Иногда он удостаивает вас чести и читает что-нибудь вслух из того, что находится в работе. Жаль, что никто не догадался записать на пленку его чтение. Много раз я старался понять, в чем состоит сила его исполнения, но так и не открыл секрета. Помню только, что читает он медленно и тихо. Голос чуть дрожит. Персонажей он не изображает, ничего не выделяет, читает ровным голосом. Но слова становятся какими-то выпуклыми, мысль отчетливой. Иногда он замолкает, макает перо в чернильницу и пляшущим почерком (руки у него всегда слегка трясутся) тут же правит что-то в рукописи. Потом продолжает читать тем же глуховатым и сдавленным голосом. Это совсем не похоже на то, как играют Шварца. И не знаю, можно ли так играть. Но того ощущения цельности, торжественности и вместе с тем непринужденности, гармонии всех частей и единства настроения, какие присутствуют в чтении, добиться никому никогда не удавалось.

Находки, особенно любимые, он с удовольствием рассказывает. В «Дон Кихоте» зубодер пытается заставить пациента открыть рот. Он всячески расхваливает свое умение; но пациент непреклонен: «Если мужчина сказал „нет“ – значит, нет». Эту фразу Шварц повторяет так, словно он ее не сочинил, а где-то услышал, и очень развеселился. В течение работы над сценарием я слышу рассказ о стойком мужчине несколько раз, и всякий раз Шварц хохочет от удовольствия.

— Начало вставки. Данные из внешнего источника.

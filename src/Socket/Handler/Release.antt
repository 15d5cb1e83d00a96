-- ===== src/Socket/Handler/Release.antt =====
-- What the transport gives back when it is closed, as the calls that do it: `__socket_ioq_flush`, `__socket_reset` and
-- `transport_unref` of src/socket.c.
use lz_lib.Base.{
  ℕ, ◌≡◌, sym, ap, ◌∙◌, Bool, true, false, Option, none, some, List, [], ◌∷◌, ◌++◌, ◌==◌,
  if◌then◌else◌, Bool-cases, inl, inr,
}
use mathlib.Core.List.{append_assoc, append-nil}
use lz_lib.Base.Int.{ℤ, pos, ltb_ℤ}
use lz_lib.Socket.Proto.{Incoming}
use lz_lib.Socket.Queue.{Entry, socket_ioq_entry_free, socket_ioq_flush}
use lz_lib.Socket.Handler.{Private, Ops, socket_reset, socket_event_poll_err, err_part}

-- A call that gives something back: memory, a reference to the buffers of an entry, a buffer, the registration of a
-- descriptor, the descriptor, or the reference to the transport.
pub data Effect : Type 0 where
  freed : ℕ → Effect
  iobref_unreffed : ℕ → Effect
  iobuf_unreffed : ℕ → Effect
  unregistered : ℤ → ℤ → Effect
  closed : ℤ → Effect
  transport_unreffed : Effect

-- Each such call is written at the end of a log.
pub record Logs {World : Type 0} (ops : Ops World) (log : World → List Effect) : Type 0 where
  pub free : (w : World) (p : ℕ) → log (ops.queue.free w p) ≡ log w ++ freed p ∷ []
  pub iobref_unref :
      (w : World) (b : ℕ) → log (ops.queue.iobref_unref w b) ≡ log w ++ iobref_unreffed b ∷ []
  pub iobuf_unref : (w : World) (b : ℕ) → log (ops.iobuf_unref w b) ≡ log w ++ iobuf_unreffed b ∷ []
  pub event_unregister :
      (w : World) (fd idx : ℤ)
      → log (ops.event_unregister w fd idx) ≡ log w ++ unregistered fd idx ∷ []
  pub close : (w : World) (fd : ℤ) → log (ops.close w fd) ≡ log w ++ closed fd ∷ []
  pub transport_unref : (w : World) → log (ops.transport_unref w) ≡ log w ++ transport_unreffed ∷ []

-- What an entry, a queue and a message hold.
abbrev pub entry_held : Entry → List Effect
entry_held e =
    let memory = freed e.buf ∷ freed e.id ∷ [] in
    elim e.iobref [ none ↦ memory | some b ↦ iobref_unreffed b ∷ memory ]

abbrev pub queue_held : List Entry → List Effect
queue_held [] = []
queue_held (e ∷ es) = entry_held e ++ queue_held es

abbrev pub message_held : Incoming → List Effect
message_held i =
    (if i.hdr_p == 0 then [] else freed i.hdr_p ∷ [])
    ++ (elim i.iobuf [ none ↦ [] | some b ↦ iobuf_unreffed b ∷ [] ])

-- All that a transport holds, its own reference last.
abbrev pub released : Private → List Effect
released p =
    queue_held p.ioq
    ++ (message_held p.incoming
        ++ (unregistered p.sock p.idx ∷ closed p.sock ∷ transport_unreffed ∷ []))

module _ {World : Type 0} (ops : Ops World) (little : Bool) (fuel : ℕ) (log : World → List Effect)
    (laws : Logs ops log) where
  -- The two blocks of an entry, behind its buffers' reference.
  blocks_free-log :
      (w : World) (e : Entry)
      → log (ops.queue.free (ops.queue.free w e.buf) e.id)
        ≡ log w ++ (freed e.buf ∷ freed e.id ∷ [])
  blocks_free-log w e =
      laws.free (ops.queue.free w e.buf) e.id
      ∙ ap (λ l. l ++ freed e.id ∷ []) (laws.free w e.buf)
      ∙ append_assoc (log w) (freed e.buf ∷ []) (freed e.id ∷ [])

  entry_free-log_of :
      (w : World) (e : Entry) (r : Option ℕ)
      → log (socket_ioq_entry_free ops.queue little fuel w (record e { iobref = r }))
        ≡ log w ++ entry_held (record e { iobref = r })
  unfolding socket_ioq_entry_free
  entry_free-log_of w e none = blocks_free-log w e
  entry_free-log_of w e (some b) =
      blocks_free-log (ops.queue.iobref_unref w b) e
      ∙ ap (λ l. l ++ (freed e.buf ∷ freed e.id ∷ [])) (laws.iobref_unref w b)
      ∙ append_assoc (log w) (iobref_unreffed b ∷ []) (freed e.buf ∷ freed e.id ∷ [])

  flush-log :
      (w : World) (es : List Entry)
      → log (socket_ioq_flush ops.queue little fuel w es) ≡ log w ++ queue_held es
  unfolding socket_ioq_flush
  flush-log w [] = sym (append-nil (log w))
  flush-log w (e ∷ es) =
      flush-log (socket_ioq_entry_free ops.queue little fuel w e) es
      ∙ ap (λ l. l ++ queue_held es) (entry_free-log_of w e e.iobref)
      ∙ append_assoc (log w) (entry_held e) (queue_held es)

  header_free-log :
      (w : World) (h : ℕ)
      → log (if h == 0 then w else ops.queue.free w h)
        ≡ log w ++ (if h == 0 then [] else freed h ∷ [])
  header_free-log w h = elim (Bool-cases (h == 0)) [
    | inl t ↦ rw t (sym (append-nil (log w)))
    | inr f ↦ rw f (laws.free w h)
  ]

  message-log :
      (w : World) (h : ℕ) (o : Option ℕ)
      → (let w1 = if h == 0 then w else ops.queue.free w h in
          log (elim o [ none ↦ w1 | some b ↦ ops.iobuf_unref w1 b ]))
        ≡ log w
          ++ ((if h == 0 then [] else freed h ∷ [])
              ++ (elim o [ none ↦ [] | some b ↦ iobuf_unreffed b ∷ [] ]))
  message-log w h none =
      header_free-log w h
      ∙ ap (λ l. log w ++ l) (sym (append-nil (if h == 0 then [] else freed h ∷ [])))
  message-log w h (some b) =
      laws.iobuf_unref (if h == 0 then w else ops.queue.free w h) b
      ∙ ap (λ l. l ++ iobuf_unreffed b ∷ []) (header_free-log w h)
      ∙ append_assoc (log w) (if h == 0 then [] else freed h ∷ []) (iobuf_unreffed b ∷ [])

  reset-log :
      (p : Private) (w : World)
      → log (socket_reset ops little fuel p w).1
        ≡ log w ++ (message_held p.incoming ++ (unregistered p.sock p.idx ∷ closed p.sock ∷ []))
  unfolding socket_reset
  reset-log p w =
      let i = p.incoming in
      let w1 = if i.hdr_p == 0 then w else ops.queue.free w i.hdr_p in
      let w2 : World = elim i.iobuf [ none ↦ w1 | some b ↦ ops.iobuf_unref w1 b ] in
      let u = unregistered p.sock p.idx ∷ [] in
      let c = closed p.sock ∷ [] in
      laws.close (ops.event_unregister w2 p.sock p.idx) p.sock
      ∙ ap (λ l. l ++ c) (laws.event_unregister w2 p.sock p.idx)
      ∙ ap (λ l. (l ++ u) ++ c) (message-log w i.hdr_p i.iobuf)
      ∙ append_assoc (log w ++ message_held i) u c
      ∙ append_assoc (log w) (message_held i) (u ++ c)

  -- Closing gives back all that the transport holds, each once.
  pub err_part-released :
      (ret : ℤ) (p : Private) (w : World)
      → ltb_ℤ ret (pos 0) ≡ true
      → log (err_part ops little fuel false ret p w).1 ≡ log w ++ released p
  unfolding err_part socket_event_poll_err
  err_part-released ret p w e =
      let q = record p { ioq = [] } in
      let w1 = socket_ioq_flush ops.queue little fuel w p.ioq in
      let m = message_held p.incoming in
      let uc = unregistered p.sock p.idx ∷ closed p.sock ∷ [] in
      let t = transport_unreffed ∷ [] in
      rw e (
        laws.transport_unref (socket_reset ops little fuel q w1).1
        ∙ ap (λ l. l ++ t) (reset-log q w1)
        ∙ ap (λ l. (l ++ (m ++ uc)) ++ t) (flush-log w p.ioq)
        ∙ append_assoc (log w ++ queue_held p.ioq) (m ++ uc) t
        ∙ ap (λ l. (log w ++ queue_held p.ioq) ++ l) (append_assoc m uc t)
        ∙ append_assoc (log w) (queue_held p.ioq) (m ++ (uc ++ t)))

Вообще он обожает рассказывать.

Среди его историй есть, мягко говоря, довольно неожиданные: горестно-философский монолог бывшего содержателя публичного дома, поклонника Декарта (!) и обладателя драгоценной трости «с набалдашник – голова Лев Толстой…»; рассказ о том, как поэт К. Р. (3) отвадил знаменитого актера, назойливо пытавшегося втереться к нему в дом… Или странное открытие князя монакского – крупного биолога…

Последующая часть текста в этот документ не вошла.